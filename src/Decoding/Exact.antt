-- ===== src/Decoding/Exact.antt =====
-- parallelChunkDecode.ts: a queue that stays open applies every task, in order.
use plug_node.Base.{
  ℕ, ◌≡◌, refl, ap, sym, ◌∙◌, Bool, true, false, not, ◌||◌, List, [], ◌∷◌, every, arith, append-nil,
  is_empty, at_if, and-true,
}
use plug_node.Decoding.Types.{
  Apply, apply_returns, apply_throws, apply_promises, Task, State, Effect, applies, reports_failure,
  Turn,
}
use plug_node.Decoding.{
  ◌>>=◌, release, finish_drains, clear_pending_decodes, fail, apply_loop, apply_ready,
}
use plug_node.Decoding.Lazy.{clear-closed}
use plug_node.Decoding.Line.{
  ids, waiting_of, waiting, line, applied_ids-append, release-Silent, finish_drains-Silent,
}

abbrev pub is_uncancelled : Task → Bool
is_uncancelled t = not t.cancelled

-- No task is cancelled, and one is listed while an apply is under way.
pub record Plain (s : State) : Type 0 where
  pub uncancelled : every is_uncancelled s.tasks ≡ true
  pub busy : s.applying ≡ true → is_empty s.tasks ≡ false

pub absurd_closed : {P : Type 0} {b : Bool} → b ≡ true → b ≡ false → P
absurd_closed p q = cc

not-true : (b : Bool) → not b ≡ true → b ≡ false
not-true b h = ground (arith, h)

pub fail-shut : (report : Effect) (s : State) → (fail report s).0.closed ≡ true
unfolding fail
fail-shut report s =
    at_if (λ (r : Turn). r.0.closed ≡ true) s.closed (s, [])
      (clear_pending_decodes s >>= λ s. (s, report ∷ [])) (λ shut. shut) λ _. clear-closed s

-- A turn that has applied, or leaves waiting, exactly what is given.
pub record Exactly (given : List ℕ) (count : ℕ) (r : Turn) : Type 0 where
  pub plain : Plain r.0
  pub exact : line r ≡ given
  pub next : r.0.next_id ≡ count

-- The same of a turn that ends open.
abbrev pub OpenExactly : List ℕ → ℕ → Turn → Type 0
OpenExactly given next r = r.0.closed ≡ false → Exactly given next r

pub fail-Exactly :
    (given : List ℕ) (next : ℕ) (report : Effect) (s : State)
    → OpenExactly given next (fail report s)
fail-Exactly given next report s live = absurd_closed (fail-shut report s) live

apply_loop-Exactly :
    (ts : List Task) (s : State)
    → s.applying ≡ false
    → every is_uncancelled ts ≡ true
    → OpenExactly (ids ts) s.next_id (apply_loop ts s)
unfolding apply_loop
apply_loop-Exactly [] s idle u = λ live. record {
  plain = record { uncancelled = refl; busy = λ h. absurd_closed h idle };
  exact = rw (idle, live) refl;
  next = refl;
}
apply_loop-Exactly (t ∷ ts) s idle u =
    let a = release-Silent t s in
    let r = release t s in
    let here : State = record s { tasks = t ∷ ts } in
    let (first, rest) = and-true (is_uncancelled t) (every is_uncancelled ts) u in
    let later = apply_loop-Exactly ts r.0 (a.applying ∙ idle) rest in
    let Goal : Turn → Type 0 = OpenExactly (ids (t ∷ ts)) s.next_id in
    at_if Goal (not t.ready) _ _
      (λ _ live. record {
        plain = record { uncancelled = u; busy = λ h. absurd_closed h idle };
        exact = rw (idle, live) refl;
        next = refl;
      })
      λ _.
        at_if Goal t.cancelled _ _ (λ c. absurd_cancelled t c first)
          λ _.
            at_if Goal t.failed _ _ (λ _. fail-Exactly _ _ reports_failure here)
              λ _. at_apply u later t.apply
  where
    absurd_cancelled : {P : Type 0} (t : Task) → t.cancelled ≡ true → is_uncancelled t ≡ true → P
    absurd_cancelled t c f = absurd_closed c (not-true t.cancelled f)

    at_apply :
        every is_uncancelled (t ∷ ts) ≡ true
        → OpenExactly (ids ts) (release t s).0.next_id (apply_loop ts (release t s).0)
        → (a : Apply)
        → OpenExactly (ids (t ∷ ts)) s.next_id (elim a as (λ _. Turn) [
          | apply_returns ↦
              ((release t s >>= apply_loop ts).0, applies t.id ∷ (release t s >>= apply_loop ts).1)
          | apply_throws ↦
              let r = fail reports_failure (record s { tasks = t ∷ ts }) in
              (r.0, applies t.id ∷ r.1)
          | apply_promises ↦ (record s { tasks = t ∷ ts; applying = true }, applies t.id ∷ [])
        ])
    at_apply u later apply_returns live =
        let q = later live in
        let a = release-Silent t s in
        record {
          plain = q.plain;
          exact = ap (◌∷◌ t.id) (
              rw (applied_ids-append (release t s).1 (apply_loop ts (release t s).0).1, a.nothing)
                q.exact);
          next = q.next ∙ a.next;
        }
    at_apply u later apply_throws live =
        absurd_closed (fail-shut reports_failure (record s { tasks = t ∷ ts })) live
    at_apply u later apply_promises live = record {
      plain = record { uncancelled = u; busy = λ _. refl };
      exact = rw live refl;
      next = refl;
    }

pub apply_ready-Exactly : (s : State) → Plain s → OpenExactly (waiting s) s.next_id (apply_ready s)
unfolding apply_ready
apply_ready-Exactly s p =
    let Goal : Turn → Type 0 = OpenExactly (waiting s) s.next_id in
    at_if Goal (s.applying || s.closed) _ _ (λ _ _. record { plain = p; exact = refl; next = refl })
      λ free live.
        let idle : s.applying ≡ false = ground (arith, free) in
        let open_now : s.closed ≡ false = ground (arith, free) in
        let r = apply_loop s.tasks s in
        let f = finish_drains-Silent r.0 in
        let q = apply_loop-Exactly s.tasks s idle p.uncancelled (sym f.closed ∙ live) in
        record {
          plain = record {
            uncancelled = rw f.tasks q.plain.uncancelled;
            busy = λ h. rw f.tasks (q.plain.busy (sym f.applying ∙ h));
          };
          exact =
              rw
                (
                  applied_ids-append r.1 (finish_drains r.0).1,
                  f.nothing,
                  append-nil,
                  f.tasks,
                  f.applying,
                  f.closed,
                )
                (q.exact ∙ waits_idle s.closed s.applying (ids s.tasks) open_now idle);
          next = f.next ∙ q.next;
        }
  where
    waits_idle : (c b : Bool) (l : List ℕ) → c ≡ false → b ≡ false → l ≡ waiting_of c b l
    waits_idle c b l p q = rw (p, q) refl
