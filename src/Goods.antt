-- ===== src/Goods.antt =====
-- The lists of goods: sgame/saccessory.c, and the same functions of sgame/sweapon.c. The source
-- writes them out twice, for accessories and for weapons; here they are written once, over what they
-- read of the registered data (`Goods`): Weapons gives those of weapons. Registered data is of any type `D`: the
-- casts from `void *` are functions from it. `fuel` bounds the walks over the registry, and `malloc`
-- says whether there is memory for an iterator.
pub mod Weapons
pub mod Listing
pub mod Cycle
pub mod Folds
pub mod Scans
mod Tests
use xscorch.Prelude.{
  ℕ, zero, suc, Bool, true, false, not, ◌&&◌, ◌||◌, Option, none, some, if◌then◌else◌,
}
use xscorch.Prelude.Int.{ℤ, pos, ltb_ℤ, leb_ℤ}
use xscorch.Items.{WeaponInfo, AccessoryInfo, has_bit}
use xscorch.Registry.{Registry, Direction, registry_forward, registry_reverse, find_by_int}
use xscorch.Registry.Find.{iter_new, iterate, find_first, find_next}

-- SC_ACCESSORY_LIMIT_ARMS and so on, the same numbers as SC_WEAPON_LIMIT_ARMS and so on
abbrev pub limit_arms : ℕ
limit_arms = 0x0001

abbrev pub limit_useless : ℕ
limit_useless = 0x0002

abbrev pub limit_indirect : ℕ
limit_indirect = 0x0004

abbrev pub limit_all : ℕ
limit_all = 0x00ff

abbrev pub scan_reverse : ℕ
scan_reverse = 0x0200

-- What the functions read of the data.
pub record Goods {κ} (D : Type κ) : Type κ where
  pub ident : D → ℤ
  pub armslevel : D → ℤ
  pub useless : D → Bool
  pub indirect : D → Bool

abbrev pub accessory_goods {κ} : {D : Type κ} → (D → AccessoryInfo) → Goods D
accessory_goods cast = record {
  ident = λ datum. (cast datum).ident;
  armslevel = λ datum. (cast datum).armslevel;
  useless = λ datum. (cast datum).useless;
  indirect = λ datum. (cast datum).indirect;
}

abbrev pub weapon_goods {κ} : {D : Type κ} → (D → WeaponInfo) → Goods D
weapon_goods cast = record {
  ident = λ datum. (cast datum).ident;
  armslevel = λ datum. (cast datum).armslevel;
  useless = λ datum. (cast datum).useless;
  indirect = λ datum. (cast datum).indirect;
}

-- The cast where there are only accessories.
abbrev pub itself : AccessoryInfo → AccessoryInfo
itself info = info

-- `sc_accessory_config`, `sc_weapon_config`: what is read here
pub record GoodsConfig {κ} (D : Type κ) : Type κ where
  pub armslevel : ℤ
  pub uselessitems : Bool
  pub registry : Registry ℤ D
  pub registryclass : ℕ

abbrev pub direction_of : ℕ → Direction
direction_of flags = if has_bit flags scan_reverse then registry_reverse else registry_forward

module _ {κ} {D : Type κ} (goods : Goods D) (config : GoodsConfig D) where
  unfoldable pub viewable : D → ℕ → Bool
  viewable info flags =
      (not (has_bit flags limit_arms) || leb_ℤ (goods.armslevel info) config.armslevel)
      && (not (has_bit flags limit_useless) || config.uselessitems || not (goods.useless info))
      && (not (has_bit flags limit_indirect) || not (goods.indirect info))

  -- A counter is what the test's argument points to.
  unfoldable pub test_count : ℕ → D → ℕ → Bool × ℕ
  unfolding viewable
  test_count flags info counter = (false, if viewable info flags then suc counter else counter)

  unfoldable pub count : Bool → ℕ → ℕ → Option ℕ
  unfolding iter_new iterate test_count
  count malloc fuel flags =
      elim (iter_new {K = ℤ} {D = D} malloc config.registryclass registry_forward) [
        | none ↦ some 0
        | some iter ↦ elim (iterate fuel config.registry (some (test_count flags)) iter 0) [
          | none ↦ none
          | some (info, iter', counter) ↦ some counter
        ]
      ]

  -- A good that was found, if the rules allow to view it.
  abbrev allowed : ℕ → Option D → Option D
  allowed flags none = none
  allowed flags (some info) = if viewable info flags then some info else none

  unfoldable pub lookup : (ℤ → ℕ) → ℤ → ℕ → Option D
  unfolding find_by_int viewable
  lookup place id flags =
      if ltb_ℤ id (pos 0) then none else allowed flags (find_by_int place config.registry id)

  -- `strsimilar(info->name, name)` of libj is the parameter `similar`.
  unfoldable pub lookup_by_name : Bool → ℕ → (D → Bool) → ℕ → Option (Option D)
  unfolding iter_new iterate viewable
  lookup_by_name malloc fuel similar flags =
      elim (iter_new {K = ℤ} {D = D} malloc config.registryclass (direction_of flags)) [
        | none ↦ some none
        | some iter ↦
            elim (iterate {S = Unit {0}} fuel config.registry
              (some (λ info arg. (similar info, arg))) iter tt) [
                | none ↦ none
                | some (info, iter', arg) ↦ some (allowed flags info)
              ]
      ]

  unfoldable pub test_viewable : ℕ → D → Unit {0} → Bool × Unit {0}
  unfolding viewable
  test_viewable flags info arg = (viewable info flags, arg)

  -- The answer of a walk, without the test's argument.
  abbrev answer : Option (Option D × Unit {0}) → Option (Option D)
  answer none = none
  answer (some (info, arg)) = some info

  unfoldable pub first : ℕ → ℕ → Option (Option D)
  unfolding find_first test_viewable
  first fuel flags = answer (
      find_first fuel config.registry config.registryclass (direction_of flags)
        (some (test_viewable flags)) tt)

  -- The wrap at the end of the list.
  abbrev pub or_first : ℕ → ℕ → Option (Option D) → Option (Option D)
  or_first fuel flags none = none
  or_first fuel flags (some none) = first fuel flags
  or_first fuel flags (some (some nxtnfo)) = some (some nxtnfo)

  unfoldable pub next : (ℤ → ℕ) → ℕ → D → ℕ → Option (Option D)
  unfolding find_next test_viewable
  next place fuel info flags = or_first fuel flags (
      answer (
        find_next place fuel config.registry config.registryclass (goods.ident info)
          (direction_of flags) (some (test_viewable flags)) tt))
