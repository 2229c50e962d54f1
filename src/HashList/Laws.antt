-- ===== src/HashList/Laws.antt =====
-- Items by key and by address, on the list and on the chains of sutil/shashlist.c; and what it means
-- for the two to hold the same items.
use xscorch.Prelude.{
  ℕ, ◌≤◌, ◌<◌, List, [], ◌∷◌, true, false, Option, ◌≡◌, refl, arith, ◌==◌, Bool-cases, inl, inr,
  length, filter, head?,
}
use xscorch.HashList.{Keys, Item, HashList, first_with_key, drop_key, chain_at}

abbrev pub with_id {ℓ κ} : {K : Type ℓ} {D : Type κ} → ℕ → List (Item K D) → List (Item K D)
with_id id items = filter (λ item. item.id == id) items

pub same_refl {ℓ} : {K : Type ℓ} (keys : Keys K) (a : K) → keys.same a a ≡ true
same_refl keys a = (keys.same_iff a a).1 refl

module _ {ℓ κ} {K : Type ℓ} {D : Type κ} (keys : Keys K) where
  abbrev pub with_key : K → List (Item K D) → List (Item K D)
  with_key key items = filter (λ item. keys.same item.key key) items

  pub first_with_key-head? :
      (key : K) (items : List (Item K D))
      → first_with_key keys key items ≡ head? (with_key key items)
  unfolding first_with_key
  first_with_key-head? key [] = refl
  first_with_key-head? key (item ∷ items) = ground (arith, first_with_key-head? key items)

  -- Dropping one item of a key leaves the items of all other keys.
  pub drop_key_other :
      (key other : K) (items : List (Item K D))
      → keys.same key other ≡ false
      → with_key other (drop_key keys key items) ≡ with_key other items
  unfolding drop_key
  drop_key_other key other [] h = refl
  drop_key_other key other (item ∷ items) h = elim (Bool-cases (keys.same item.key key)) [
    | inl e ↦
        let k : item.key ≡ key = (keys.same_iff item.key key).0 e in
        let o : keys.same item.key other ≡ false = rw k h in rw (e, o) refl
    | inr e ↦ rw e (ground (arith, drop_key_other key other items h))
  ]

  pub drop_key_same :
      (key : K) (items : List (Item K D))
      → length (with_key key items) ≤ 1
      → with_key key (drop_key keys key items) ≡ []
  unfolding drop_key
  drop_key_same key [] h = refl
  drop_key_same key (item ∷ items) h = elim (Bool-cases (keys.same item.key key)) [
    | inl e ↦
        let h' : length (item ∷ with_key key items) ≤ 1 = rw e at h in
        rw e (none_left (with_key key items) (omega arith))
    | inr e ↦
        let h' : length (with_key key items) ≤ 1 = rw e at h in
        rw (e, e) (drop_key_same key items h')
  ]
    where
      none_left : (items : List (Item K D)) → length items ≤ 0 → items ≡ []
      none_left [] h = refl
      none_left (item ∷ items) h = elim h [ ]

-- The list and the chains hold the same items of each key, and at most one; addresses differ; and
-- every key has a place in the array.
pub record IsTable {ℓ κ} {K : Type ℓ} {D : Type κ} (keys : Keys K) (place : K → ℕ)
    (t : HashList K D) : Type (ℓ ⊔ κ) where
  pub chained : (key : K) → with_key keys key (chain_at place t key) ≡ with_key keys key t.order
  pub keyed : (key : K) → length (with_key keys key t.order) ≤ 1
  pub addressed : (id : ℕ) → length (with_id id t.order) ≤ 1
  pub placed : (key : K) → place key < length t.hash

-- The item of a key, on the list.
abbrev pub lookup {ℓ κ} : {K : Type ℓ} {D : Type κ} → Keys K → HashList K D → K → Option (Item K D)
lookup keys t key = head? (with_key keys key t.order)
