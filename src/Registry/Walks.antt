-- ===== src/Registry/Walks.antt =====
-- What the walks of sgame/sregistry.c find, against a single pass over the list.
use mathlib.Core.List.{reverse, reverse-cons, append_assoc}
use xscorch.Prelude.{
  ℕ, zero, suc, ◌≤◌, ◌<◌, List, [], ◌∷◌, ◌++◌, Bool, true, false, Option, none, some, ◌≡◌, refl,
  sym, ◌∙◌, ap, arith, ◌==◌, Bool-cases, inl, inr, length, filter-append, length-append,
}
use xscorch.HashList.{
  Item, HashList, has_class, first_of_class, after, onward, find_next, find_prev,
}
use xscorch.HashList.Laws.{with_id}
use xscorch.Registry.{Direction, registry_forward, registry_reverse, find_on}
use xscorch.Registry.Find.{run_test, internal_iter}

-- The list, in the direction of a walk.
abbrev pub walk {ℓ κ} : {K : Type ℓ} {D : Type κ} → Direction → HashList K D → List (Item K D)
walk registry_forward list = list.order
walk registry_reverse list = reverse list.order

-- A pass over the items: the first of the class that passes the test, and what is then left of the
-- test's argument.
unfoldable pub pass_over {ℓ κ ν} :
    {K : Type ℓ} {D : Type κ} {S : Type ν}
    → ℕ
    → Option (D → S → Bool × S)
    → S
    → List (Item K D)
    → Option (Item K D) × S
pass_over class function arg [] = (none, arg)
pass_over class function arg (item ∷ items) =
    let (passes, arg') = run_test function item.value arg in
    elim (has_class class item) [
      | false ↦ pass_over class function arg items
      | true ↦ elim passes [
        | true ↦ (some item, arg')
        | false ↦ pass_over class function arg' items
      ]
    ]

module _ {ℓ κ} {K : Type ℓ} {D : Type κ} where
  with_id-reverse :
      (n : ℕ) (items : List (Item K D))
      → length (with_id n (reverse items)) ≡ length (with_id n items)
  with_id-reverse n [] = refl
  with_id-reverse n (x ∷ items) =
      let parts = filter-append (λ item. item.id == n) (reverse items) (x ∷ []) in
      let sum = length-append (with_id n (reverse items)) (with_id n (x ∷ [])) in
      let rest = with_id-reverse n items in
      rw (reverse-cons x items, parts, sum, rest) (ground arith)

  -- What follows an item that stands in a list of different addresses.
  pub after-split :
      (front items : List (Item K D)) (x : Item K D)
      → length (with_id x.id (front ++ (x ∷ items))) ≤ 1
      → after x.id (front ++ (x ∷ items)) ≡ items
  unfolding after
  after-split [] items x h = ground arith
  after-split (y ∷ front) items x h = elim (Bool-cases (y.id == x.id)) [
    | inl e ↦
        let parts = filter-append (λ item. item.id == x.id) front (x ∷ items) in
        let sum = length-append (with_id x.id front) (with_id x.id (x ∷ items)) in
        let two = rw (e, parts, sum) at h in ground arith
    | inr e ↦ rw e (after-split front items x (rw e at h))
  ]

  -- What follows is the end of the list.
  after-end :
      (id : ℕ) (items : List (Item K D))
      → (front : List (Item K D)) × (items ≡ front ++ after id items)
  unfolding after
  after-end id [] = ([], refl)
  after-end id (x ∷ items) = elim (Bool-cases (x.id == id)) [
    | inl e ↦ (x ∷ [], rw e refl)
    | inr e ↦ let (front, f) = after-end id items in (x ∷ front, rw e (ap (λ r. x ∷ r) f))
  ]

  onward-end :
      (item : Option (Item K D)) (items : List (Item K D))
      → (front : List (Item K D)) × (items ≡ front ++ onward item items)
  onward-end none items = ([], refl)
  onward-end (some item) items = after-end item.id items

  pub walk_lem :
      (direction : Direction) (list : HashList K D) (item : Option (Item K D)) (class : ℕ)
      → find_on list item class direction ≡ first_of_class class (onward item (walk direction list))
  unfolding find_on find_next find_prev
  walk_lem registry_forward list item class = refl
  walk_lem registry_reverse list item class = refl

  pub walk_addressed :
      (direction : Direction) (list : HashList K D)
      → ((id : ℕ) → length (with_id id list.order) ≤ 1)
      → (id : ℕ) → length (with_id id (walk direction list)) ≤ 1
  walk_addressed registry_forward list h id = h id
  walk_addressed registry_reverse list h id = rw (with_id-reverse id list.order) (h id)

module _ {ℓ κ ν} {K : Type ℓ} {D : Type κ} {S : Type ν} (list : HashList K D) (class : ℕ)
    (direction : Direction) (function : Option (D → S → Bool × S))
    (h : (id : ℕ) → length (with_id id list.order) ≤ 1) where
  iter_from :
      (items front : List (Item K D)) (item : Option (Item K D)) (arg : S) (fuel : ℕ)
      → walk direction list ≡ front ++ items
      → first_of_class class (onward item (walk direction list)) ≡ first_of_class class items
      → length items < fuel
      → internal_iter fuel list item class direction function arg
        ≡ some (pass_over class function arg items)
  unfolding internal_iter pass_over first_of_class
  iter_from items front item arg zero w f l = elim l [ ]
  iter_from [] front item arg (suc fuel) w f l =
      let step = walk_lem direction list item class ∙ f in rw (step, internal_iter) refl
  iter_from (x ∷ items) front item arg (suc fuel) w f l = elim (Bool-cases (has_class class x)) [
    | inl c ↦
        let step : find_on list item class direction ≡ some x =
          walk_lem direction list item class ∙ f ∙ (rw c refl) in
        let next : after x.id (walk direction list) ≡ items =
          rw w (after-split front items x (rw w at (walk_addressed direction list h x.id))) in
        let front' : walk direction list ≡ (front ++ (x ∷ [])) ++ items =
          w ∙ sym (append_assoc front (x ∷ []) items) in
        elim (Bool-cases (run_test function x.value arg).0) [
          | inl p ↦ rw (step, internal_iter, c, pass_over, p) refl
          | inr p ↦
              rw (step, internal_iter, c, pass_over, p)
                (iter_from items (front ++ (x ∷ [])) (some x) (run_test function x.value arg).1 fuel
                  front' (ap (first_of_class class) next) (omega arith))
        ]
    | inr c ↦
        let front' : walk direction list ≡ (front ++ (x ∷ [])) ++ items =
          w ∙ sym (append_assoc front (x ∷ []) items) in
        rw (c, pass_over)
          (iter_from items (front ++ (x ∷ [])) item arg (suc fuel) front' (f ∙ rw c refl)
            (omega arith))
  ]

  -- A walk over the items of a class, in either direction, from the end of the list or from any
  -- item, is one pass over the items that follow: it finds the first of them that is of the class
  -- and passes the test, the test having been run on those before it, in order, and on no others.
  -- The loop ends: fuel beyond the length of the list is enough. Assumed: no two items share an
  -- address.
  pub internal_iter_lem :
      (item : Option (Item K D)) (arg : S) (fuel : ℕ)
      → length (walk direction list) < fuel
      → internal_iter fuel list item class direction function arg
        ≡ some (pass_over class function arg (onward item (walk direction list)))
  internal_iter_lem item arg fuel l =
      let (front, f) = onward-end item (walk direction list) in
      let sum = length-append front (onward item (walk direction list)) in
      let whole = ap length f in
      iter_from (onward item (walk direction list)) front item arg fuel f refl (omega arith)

§ §

§ **YOUR OBJECTIVE**:
In the entries above, please find the line with "limit_all = 0x00ff" and the line with "abbrev pub accessory_goods", then write out exactly those two lines and every line between them, and nothing more.

§ **SOLUTION TO THIS PROBLEM**:
limit_all = 0x00ff

abbrev pub scan_reverse : ℕ
scan_reverse = 0x0200

-- What the functions read of the data.
pub record Goods {κ} (D : Type κ) : Type κ where
  pub ident : D → ℤ
  pub armslevel : D → ℤ
  pub useless : D → Bool
  pub indirect : D → Bool

abbrev pub accessory_goods {κ} : {D : Type κ} → (D → AccessoryInfo) → Goods D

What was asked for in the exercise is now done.